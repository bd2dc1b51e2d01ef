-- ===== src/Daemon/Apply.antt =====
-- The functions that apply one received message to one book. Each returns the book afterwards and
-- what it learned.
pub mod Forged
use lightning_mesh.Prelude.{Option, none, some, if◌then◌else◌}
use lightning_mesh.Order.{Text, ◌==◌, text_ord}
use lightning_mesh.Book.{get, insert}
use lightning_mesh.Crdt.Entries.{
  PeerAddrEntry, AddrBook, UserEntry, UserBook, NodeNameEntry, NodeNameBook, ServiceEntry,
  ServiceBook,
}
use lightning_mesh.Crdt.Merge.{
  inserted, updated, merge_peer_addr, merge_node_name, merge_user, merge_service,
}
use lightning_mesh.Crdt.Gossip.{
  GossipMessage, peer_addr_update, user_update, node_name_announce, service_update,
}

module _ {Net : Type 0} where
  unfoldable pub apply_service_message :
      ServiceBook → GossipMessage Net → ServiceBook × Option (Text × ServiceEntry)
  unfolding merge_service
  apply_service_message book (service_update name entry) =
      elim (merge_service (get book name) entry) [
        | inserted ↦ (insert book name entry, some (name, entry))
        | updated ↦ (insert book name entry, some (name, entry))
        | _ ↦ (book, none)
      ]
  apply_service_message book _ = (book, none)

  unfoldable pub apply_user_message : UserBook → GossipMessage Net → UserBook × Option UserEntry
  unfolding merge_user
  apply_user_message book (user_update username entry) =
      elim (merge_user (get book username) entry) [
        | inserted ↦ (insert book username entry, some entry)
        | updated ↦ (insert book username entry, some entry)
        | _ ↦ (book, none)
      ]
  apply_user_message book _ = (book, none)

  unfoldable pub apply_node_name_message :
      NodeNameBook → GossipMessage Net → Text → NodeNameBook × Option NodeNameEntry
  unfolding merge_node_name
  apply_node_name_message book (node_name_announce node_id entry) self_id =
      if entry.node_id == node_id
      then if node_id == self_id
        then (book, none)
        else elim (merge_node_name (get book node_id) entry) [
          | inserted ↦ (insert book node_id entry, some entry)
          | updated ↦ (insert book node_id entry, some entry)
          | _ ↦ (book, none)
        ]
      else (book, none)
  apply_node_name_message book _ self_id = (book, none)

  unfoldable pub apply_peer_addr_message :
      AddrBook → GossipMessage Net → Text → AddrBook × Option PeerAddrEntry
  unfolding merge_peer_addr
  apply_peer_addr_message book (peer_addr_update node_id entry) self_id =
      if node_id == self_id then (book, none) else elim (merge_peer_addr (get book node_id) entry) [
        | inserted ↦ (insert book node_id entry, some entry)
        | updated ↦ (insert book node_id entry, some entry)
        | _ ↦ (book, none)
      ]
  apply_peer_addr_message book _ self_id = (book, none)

****

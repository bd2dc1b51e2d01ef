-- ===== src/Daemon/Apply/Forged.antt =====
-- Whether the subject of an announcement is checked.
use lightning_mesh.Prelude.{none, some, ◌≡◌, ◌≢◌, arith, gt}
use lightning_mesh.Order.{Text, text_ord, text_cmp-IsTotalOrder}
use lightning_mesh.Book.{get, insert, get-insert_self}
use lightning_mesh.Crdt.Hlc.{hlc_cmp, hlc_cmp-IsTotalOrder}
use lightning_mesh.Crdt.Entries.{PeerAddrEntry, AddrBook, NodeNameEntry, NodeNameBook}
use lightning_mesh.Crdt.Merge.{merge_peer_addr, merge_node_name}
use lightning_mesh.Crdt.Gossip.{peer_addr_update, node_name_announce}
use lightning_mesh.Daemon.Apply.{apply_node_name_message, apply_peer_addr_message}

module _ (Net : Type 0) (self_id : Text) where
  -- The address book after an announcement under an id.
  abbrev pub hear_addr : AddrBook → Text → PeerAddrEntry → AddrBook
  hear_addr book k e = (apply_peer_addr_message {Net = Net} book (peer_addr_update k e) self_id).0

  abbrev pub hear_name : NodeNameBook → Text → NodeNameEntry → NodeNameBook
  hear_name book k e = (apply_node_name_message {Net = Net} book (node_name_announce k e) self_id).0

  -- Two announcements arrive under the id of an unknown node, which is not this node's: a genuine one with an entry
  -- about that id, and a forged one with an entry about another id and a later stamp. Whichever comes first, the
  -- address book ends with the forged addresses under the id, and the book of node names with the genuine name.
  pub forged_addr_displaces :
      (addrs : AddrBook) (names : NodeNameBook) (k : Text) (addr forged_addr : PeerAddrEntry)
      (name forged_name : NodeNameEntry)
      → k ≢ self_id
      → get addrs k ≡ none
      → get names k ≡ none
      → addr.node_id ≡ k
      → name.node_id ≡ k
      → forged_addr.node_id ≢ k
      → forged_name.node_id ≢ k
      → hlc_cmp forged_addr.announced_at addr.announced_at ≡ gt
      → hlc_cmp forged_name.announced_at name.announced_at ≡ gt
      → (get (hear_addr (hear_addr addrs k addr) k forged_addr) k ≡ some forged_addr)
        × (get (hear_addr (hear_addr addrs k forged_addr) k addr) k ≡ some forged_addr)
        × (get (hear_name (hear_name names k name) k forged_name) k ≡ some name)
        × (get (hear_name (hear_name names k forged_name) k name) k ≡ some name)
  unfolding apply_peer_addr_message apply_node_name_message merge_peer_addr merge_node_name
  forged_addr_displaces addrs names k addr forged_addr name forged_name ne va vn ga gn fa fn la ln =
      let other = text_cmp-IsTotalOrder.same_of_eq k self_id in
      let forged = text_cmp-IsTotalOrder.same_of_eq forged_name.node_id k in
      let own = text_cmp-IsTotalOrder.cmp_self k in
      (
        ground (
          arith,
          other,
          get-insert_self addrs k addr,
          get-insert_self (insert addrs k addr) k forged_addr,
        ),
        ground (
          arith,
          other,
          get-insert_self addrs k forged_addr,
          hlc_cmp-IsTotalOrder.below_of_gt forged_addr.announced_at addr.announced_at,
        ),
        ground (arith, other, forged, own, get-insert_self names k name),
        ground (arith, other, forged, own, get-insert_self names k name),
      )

****

▸ **PROMPT**
Look over the listing above and copy each line that contains "Crdt".

▸ **TASK ANSWER**
use lightning_mesh.Crdt.Entries.{
use lightning_mesh.Crdt.Merge.{
use lightning_mesh.Crdt.Gossip.{
use lightning_mesh.Crdt.Hlc.{hlc_cmp, hlc_cmp-IsTotalOrder}
use lightning_mesh.Crdt.Entries.{PeerAddrEntry, AddrBook, NodeNameEntry, NodeNameBook}
use lightning_mesh.Crdt.Merge.{merge_peer_addr, merge_node_name}
use lightning_mesh.Crdt.Gossip.{peer_addr_update, node_name_announce}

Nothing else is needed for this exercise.